Chad Relief Foundation team with council of elders. The Chad Relief Foundation works with refugees from the Central African Republic in South Chad.

Our sympathy should be with the millions of graduates forced to endure commencement addresses at this time of year. They must wish they had a set of noise-eliminating ear phones for each time someone over 50 tells them it’s now up to them to clear up the mess left by previous generations.

“It’s your turn” is a useful cliché trotted out by those letting themselves off the hook. Instead of being inquisitive lambs, they embrace sheep-like passivity, heading out to the golf course or the early bird special when they should still be fighting for their values, utilizing a life-time of experience and wisdom. It isn’t good enough to pass on the baton while you are still capable of running, even if your failing health means you are “running” at your computer.
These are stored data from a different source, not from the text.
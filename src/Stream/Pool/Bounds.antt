-- ===== src/Stream/Pool/Bounds.antt =====
-- That the channels of the workers stay within their bounds, and that `Run` is never stuck.
use learn_go_project.Prelude.{
  ℕ, ℤ, ◌≤◌, ◌<◌, ◌^◌, ◌≡◌, ap, true, false, Bool-cases, ◌⊎◌, inl, inr, none, Option-cases, List,
  [], ◌∷◌, length, ltb, arith,
}
use learn_go_project.Stream.Consumer.{Record}
use learn_go_project.Stream.Pool.{
  Pool, worker_count, capacity, worker_of, Step, look, hand, return_cancelled, return_error, take,
  commit, Reachable,
}
use learn_go_project.Stream.Pool.Invariant.{
  Reachable-IsBounded, divisor_small, worker_of_lt, worker_count_pos, list-cases, nonempty,
}

-- `Run` waits for records in PollFetches, under a live context.
abbrev pub IsWaiting : Pool → Type 0
IsWaiting s = (s.is_polling ≡ true) × (s.is_cancelled ≡ false)

module _ (count : ℕ) where
  -- The loop or a worker has a step to take.
  abbrev pub CanStep : Pool → Type 0
  CanStep s = (t : Pool) × Step count s t

  worker-CanStep :
      (s : Pool) (w : ℕ) (r : Record) (rest : List Record)
      → w < count
      → s.is_cancelled ≡ false
      → (s.workers w).is_stopped ≡ false
      → (s.workers w).queue ≡ r ∷ rest
      → CanStep s
  worker-CanStep s w r rest known running alive full = elim (Option-cases (s.workers w).handling) [
    | inl free ↦ (_, take w r rest known running alive free full)
    | inr (x, busy) ↦ (_, commit w x known busy)
  ]

  hand-CanStep :
      (s : Pool) (r : Record) (rest : List Record)
      → 0 < count
      → count < 2 ^ 31
      → s.result ≡ none
      → s.is_polling ≡ false
      → s.is_cancelled ≡ false
      → s.pending ≡ r ∷ rest
      → (s.workers (worker_of count r)).is_stopped ≡ false
      → CanStep s
  hand-CanStep s r rest real small unreturned top running first alive =
      let w = worker_of count r in
      elim (Bool-cases (ltb (length (s.workers w).queue) capacity)) [
        | inl room ↦ (
          _,
          hand r rest unreturned top (omega (arith, divisor_small count small, real)) first
              (ground (arith, room)),
        )
        | inr full ↦
            let some_left = nonempty (s.workers w).queue (ground (arith, full)) in
            worker-CanStep s w some_left.0 some_left.1 (worker_of_lt count r real small) running
              alive some_left.2
      ]

  IsBounded-CanStep :
      {s : Pool}
      → 0 < count
      → count < 2 ^ 31
      → Reachable count s
      → s.result ≡ none
      → IsWaiting s ⊎ CanStep s
  IsBounded-CanStep {s} real small reached unreturned = elim (Bool-cases s.is_cancelled) [
    | inl late ↦ inr (_, return_cancelled unreturned late)
    | inr running ↦ elim (Bool-cases s.is_polling) [
      | inl polling ↦ inl (polling, running)
      | inr top ↦ elim (list-cases s.errors) [
        | inr (e, rest, first) ↦ inr (_, return_error e rest unreturned top first)
        | inl no_errors ↦ elim (list-cases s.pending) [
          | inl none_left ↦ inr (_, look unreturned top running no_errors none_left)
          | inr (r, rest, first) ↦ inr (
              hand-CanStep s r rest real small unreturned top running first (
                alive (worker_of count r) no_errors
                  (Bool-cases (s.workers (worker_of count r)).is_stopped)))
        ]
      ]
    ]
  ]
    where
      alive :
          (w : ℕ)
          → s.errors ≡ []
          → ((s.workers w).is_stopped ≡ true) ⊎ ((s.workers w).is_stopped ≡ false)
          → (s.workers w).is_stopped ≡ false
      alive w no_errors (inr running) = running
      alive w no_errors (inl stopped) = absurd (
          omega (
            arith,
            (Reachable-IsBounded count real reached).reported w unreturned stopped,
            ap length no_errors,
          ))

-- With fewer than 2^31 workers every partition has a worker, no worker's channel ever holds more than
-- 32 records, and `errCh` no more errors than there are workers.
pub Reachable-length_le :
    (workers : ℤ) {s : Pool}
    → worker_count workers < 2 ^ 31
    → Reachable (worker_count workers) s
    → ((r : Record) → worker_of (worker_count workers) r < worker_count workers)
      × ((w : ℕ) → length (s.workers w).queue ≤ 32)
      × (length s.errors ≤ worker_count workers)
Reachable-length_le workers small reached =
    let real = worker_count_pos workers in
    let h = Reachable-IsBounded (worker_count workers) real reached in
    (λ r. worker_of_lt (worker_count workers) r real small, h.queues, h.errors_le)

-- With fewer than 2^31 workers, until it comes to a `return`, `Run` waits in PollFetches under a live
-- context, or is not stuck: it can call PollFetches, hand a record on or return, or a worker that
-- holds up its next record can go on, if the worker's call of `handleRecord` returns.
pub Reachable-CanStep :
    (workers : ℤ) {s : Pool}
    → worker_count workers < 2 ^ 31
    → Reachable (worker_count workers) s
    → s.result ≡ none
    → IsWaiting s ⊎ CanStep (worker_count workers) s
Reachable-CanStep workers small reached unreturned =
    IsBounded-CanStep (worker_count workers) (worker_count_pos workers) small reached unreturned
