-- ===== src/Stream/Pool/Shutdown.antt =====
-- The workers behind a `return` of `Run`: they empty their channels and end, and `Run` returns.
use learn_go_project.Prelude.{
  ℕ, ℤ, zero, suc, ◌+◌, ◌*◌, ◌≤◌, ◌<◌, ◌≡◌, refl, sym, ◌∙◌, ap, subst, Bool, true, false,
  false≢true, Bool-cases, ◌⊎◌, inl, inr, Option, none, some, Option-cases, length, eqb,
  if◌then◌else◌, arith,
}
use learn_go_project.Errors.{Error}
use learn_go_project.Stream.Consumer.{Record}
use learn_go_project.Stream.Pool.{
  Worker, Pool, worker_count, capacity, put, Step, look, hand, return_cancelled, return_error, join,
  take, skip, commit, leave, fail, exit, Reachable, after,
}
use learn_go_project.Stream.Pool.Order.{held}
use learn_go_project.Stream.Pool.Invariant.{
  IsBounded, Reachable-IsBounded, list-cases, worker_count_pos,
}
use learn_go_project.Stream.Pool.Bounds.{CanStep}

-- The steps that a worker has before it: one for each record in its channel, one for the record that
-- it handles, and one to end.
abbrev left : Worker → ℕ
left x = length x.queue + length (held x.handling) + (if x.is_stopped then 0 else 1)

total : ℕ → (ℕ → Worker) → ℕ
total zero workers = 0
total (suc n) workers = total n workers + left (workers n)

total-put_outside :
    (w : ℕ) (x : Worker) (workers : ℕ → Worker) (n : ℕ)
    → n ≤ w
    → total n (put w x workers) ≡ total n workers
unfolding total
total-put_outside w x workers zero h = refl
total-put_outside w x workers (suc n) h =
    let other : eqb n w ≡ false = ground arith in
    rw (total-put_outside w x workers n (omega arith)) (rw other refl)

total-put :
    (w : ℕ) (x : Worker) (workers : ℕ → Worker) (n : ℕ)
    → w < n
    → total n (put w x workers) + left (workers w) ≡ total n workers + left x
unfolding total
total-put w x workers zero h = absurd (omega arith)
total-put w x workers (suc n) h = elim (Bool-cases (eqb n w)) [
  | inl same ↦
      let n_is_w : n ≡ w = ground (arith, same) in
      rw same (
        rw (total-put_outside w x workers n (omega (arith, n_is_w))) (
          subst
            (λ (k : ℕ).
              total n workers + left x + left (workers w)
              ≡ total n workers + left (workers k) + left x)
            (sym n_is_w) (omega arith)))
  | inr other ↦
      rw other (let again = total-put w x workers n (ground (arith, other)) in omega (arith, again))
]

module _ (count : ℕ) where
  -- A worker that has a step less before it brings the end nearer.
  worker-total_lt :
      (s : Pool) (w : ℕ) (x : Worker)
      → w < count
      → left x < left (s.workers w)
      → total count (put w x s.workers) < total count s.workers
  worker-total_lt s w x known less = omega (arith, total-put w x s.workers count known)

  -- The steps that are left: those of the workers, and the end of the wait for them.
  remaining : Pool → ℕ
  remaining s = total count s.workers + (if s.is_joined then 0 else 1)

  worker-remaining_lt :
      (s : Pool) (w : ℕ) (x : Worker)
      → w < count
      → left x < left (s.workers w)
      → remaining (record s { workers = put w x s.workers }) < remaining s
  unfolding remaining
  worker-remaining_lt s w x known less = omega (arith, worker-total_lt s w x known less)

  -- Behind a `return`, under a cancelled context.
  record IsEnding (e : Option Error) (s : Pool) : Type 0 where
    ended : s.result ≡ some e
    cancelled : s.is_cancelled ≡ true

  held_one :
      (s : Pool) (w : ℕ) (r : Record)
      → (s.workers w).handling ≡ some r
      → length (held (s.workers w).handling) ≡ 1
  held_one s w r busy = ap (λ (o : Option Record). length (held o)) busy

  Step-remaining_lt :
      {s t : Pool} (e : Option Error)
      → Step count s t
      → IsEnding e s
      → (remaining t < remaining s) × IsEnding e t
  unfolding remaining
  Step-remaining_lt e (look unreturned top running no_errors none_left) h =
      absurd (ground (arith, unreturned, h.ended))
  Step-remaining_lt e (hand r rest unreturned top divides first room) h =
      absurd (ground (arith, unreturned, h.ended))
  Step-remaining_lt e (return_cancelled unreturned late) h =
      absurd (ground (arith, unreturned, h.ended))
  Step-remaining_lt e (return_error x rest unreturned top first) h =
      absurd (ground (arith, unreturned, h.ended))
  Step-remaining_lt e (join x ended unjoined all_stopped) h =
      (rw unjoined (omega arith), record { ended = h.ended; cancelled = h.cancelled })
  Step-remaining_lt e (take w r rest known running alive free first) h =
      absurd (false≢true (sym running ∙ h.cancelled))
  Step-remaining_lt {s} e (skip w r rest known late alive free first) h = (
    worker-remaining_lt s w _ known (omega (arith, ap length first)),
    record { ended = h.ended; cancelled = h.cancelled },
  )
  Step-remaining_lt {s} e (commit w r known busy) h = (
    worker-remaining_lt s w _ known (omega (arith, held_one s w r busy)),
    record { ended = h.ended; cancelled = h.cancelled },
  )
  Step-remaining_lt {s} e (leave w r known late busy) h = (
    worker-remaining_lt s w _ known (omega (arith, held_one s w r busy)),
    record { ended = h.ended; cancelled = h.cancelled },
  )
  Step-remaining_lt {s} e (fail w r x known busy) h = (
    worker-remaining_lt s w _ known (omega (arith, held_one s w r busy)),
    record { ended = h.ended; cancelled = h.cancelled },
  )
  Step-remaining_lt {s} e (exit w known closed alive free empty) h = (
    worker-remaining_lt s w _ known (rw alive (omega arith)),
    record { ended = h.ended; cancelled = h.cancelled },
  )

  -- So many steps, one after the other.
  pub data Steps (s : Pool) : ℕ → Pool → Type 0 where
    done : Steps s 0 s
    one_more : {t u : Pool} {n : ℕ} → Steps s n t → Step count t u → Steps s (suc n) u

  Steps-remaining_le :
      {s t : Pool} {n : ℕ} (e : Option Error)
      → Steps s n t
      → IsEnding e s
      → (n + remaining t ≤ remaining s) × IsEnding e t
  Steps-remaining_le e done h = (omega arith, h)
  Steps-remaining_le e (one_more steps step) h =
      let before = Steps-remaining_le e steps h in
      let now = Step-remaining_lt e step before.1 in (omega (arith, before.0, now.0), now.1)

  Steps-Reachable : {s t : Pool} {n : ℕ} → Steps s n t → Reachable count s → Reachable count t
  Steps-Reachable done reached = reached
  Steps-Reachable (one_more steps step) reached = after (Steps-Reachable steps reached) step

  -- The workers have all ended, or one has not.
  all_or_one :
      (workers : ℕ → Worker) (n : ℕ)
      → ((w : ℕ) → w < n → (workers w).is_stopped ≡ true)
        ⊎ ((w : ℕ) × (w < n) × ((workers w).is_stopped ≡ false))
  all_or_one workers zero = inl (λ w below. absurd (omega (arith, below)))
  all_or_one workers (suc n) = elim (Bool-cases (workers n).is_stopped) [
    | inr alive ↦ inr (n, omega arith, alive)
    | inl stopped ↦ elim (all_or_one workers n) [
      | inr (w, below, alive) ↦ inr (w, omega (arith, below), alive)
      | inl before ↦ inl (λ w below. elim (Bool-cases (eqb w n)) [
        | inl same ↦ subst (λ (k : ℕ). (workers k).is_stopped ≡ true) (n_is w same) stopped
        | inr other ↦ before w (ground (arith, other, below))
      ])
    ]
  ]
    where
      n_is : (w : ℕ) → eqb w n ≡ true → n ≡ w
      n_is w same = ground (arith, same)

  -- A worker that has not ended can go on, without a call of `handleRecord` that succeeds.
  worker-CanEnd :
      (s : Pool) (w : ℕ)
      → w < count
      → s.is_cancelled ≡ true
      → s.is_closed ≡ true
      → (s.workers w).is_stopped ≡ false
      → CanStep count s
  worker-CanEnd s w known late closed alive = elim (Option-cases (s.workers w).handling) [
    | inr (r, busy) ↦ (_, leave w r known late busy)
    | inl free ↦ elim (list-cases (s.workers w).queue) [
      | inr (r, rest, first) ↦ (_, skip w r rest known late alive free first)
      | inl empty ↦ (_, exit w known closed alive free empty)
    ]
  ]

  -- `Run` has returned, and all its workers have ended.
  abbrev pub HasReturned : Pool → Type 0
  HasReturned s = (s.is_joined ≡ true) × ((w : ℕ) → w < count → (s.workers w).is_stopped ≡ true)

  ending-CanStep :
      (s : Pool) (e : Option Error)
      → IsBounded count s
      → s.result ≡ some e
      → HasReturned s ⊎ CanStep count s
  ending-CanStep s e h ended = elim (Bool-cases s.is_joined) [
    | inl joined ↦ inl (joined, h.waited joined)
    | inr unjoined ↦ elim (all_or_one s.workers count) [
      | inl all_stopped ↦ inr (_, join e ended unjoined all_stopped)
      | inr (w, known, alive) ↦
          inr (worker-CanEnd s w known (h.shut e ended).0 (h.shut e ended).1 alive)
    ]
  ]

one_le : (b : Bool) → (if b then 0 else 1) ≤ 1
one_le true = omega arith
one_le false = omega arith

total_le :
    (workers : ℕ → Worker) (n : ℕ)
    → ((w : ℕ) → length (workers w).queue ≤ capacity)
    → total n workers ≤ 34 * n
unfolding total
total_le workers zero h = omega arith
total_le workers (suc n) h = omega (
  arith,
  total_le workers n h,
  h n,
  length-held_le (workers n).handling,
  one_le (workers n).is_stopped,
)
  where
    length-held_le : (o : Option Record) → length (held o) ≤ 1
    length-held_le none = omega arith
    length-held_le (some r) = omega arith

-- Once `Run` comes to a `return`, the context of its workers is cancelled, and `Run` returns, if every
-- call of `handleRecord` returns under such a context: no more steps are left than 34 for each worker
-- and one, and behind any number of them all workers have ended and `Run` has returned, or there is a
-- step.
pub Steps-length_le :
    (workers : ℤ) {s t : Pool} {n : ℕ} (e : Option Error)
    → Reachable (worker_count workers) s
    → s.result ≡ some e
    → Steps (worker_count workers) s n t
    → (s.is_cancelled ≡ true)
      × (n ≤ 34 * worker_count workers + 1)
      × (HasReturned (worker_count workers) t ⊎ CanStep (worker_count workers) t)
unfolding remaining
Steps-length_le workers {s} {t} e reached ended steps =
    let count = worker_count workers in
    let real = worker_count_pos workers in
    let h = Reachable-IsBounded count real reached in
    let late = (h.shut e ended).0 in
    let (fewer, ending) =
      Steps-remaining_le count e steps (record { ended = ended; cancelled = late }) in
    (
      late,
      omega (arith, fewer, total_le s.workers count h.queues, one_le s.is_joined),
      ending-CanStep count t e
          (Reachable-IsBounded count real (Steps-Reachable count steps reached)) ending.ended,
    )
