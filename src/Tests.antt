-- ===== src/Tests.antt =====
-- The theorems at concrete inputs.
mod Collation
mod Joint
mod Client
mod Web
mod Times
mod Listings
mod Pools
mod Sample
mod Rules
mod Deliveries
mod Shown
mod Simulated
mod Startup
mod Streams
mod System
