-- ===== src/Tests/Collation.antt =====
-- A collation to run the model on: the order of the code points.
use Prim.Native.Char.{Char, code}
use Prim.Native.String.{String}
use text.Mathlib.TextEquality.{Char-path}
use learn_go_project.Prelude.{◌≡◌, refl, Bool, true, false, ◌&&◌, ◌||◌, ltb, eqb, ap, ◌∙◌, arith}

abbrev pub text_lt : String → String → Bool
text_lt String.[] String.[] = false
text_lt String.[] (String.◌∷◌ d t) = true
text_lt (String.◌∷◌ c s) String.[] = false
text_lt (String.◌∷◌ c s) (String.◌∷◌ d t) =
    ltb (code c) (code d) || (eqb (code c) (code d) && text_lt s t)

pub text_lt_irrefl : (s : String) → text_lt s s ≡ false
text_lt_irrefl String.[] = refl
text_lt_irrefl (String.◌∷◌ c s) = ground (arith, text_lt_irrefl s)

pub text_lt_trans : (s t u : String) → text_lt s t ≡ true → text_lt t u ≡ true → text_lt s u ≡ true
text_lt_trans String.[] String.[] String.[] h k = h
text_lt_trans String.[] (String.◌∷◌ d t) String.[] h k = absurd (ground arith)
text_lt_trans String.[] t (String.◌∷◌ e u) h k = refl
text_lt_trans (String.◌∷◌ c s) String.[] u h k = absurd (ground arith)
text_lt_trans (String.◌∷◌ c s) (String.◌∷◌ d t) String.[] h k = absurd (ground arith)
text_lt_trans (String.◌∷◌ c s) (String.◌∷◌ d t) (String.◌∷◌ e u) h k =
    ground (arith, text_lt_trans s t u)

pub text_lt_total : (s t : String) → text_lt s t ≡ false → text_lt t s ≡ false → s ≡ t
text_lt_total String.[] String.[] h k = refl
text_lt_total String.[] (String.◌∷◌ d t) h k = absurd (ground arith)
text_lt_total (String.◌∷◌ c s) String.[] h k = absurd (ground arith)
text_lt_total (String.◌∷◌ c s) (String.◌∷◌ d t) h k =
    ap (λ (x : Char). String.◌∷◌ x s) (Char-path c d (ground arith))
    ∙ ap (λ (y : String). String.◌∷◌ d y) (text_lt_total s t (ground arith) (ground arith))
Take Sister Megan Rice, the 83-year old nun arrested last week for breaking into a nuclear facility. Whether or not you agree with her politics is irrelevant. She has better things to do than bore people about the state of her bowels.

Refugee camp in South Chad

Bill Felstiner has set up the Chad Relief Foundation in one of the more dangerous and grim parts of Africa, helping refugees escaping war. Felstiner, who is also 83, has visited Chad nine times, and he puts three hours a day into organizational and fundraising work when he’s back home in Santa Barbara, California, as well as all day Saturday and Sunday. Last year he gave himself a break from Chad, working for eleven weeks on the Obama campaign in New Mexico. “I worked 12 hours a day there, seven days a week. It was something I believe in. I never took my golf clubs out of the trunk of my car.”

Before founding the Chad Relief Foundation, Felstiner helped the Red Cross in Louisiana after Katrina.

Refugees at a border crossing

“My last paying job was in 2003. I’ve never really stopped working, and now I have the benefit of years of administrative experience and working in poor countries. I also have a willingness to take risks that someone who is expected to live 60 more years might shy away from.

Betsy Kain is known as “the Silverback” by the Rwandan genocide survivors she helps, an indication that maturity and experience are respected in African cultures perhaps more than it is at home. Kain, 72, provides emotional and practical support to poor and vulnerable communities. Instead of taking it easy when she retired from her psychotherapy practice in Pittsburgh, her Goats for Life not-for-profit enables Rwandan survivors to start a goat or cow breeding business.

Betsy Kain (silver hair) founder of Goats for Life and Cows for Life. Her church, All-Saints-by-the-Sea in Montecito, kicked off donations with funding for five Holsteins.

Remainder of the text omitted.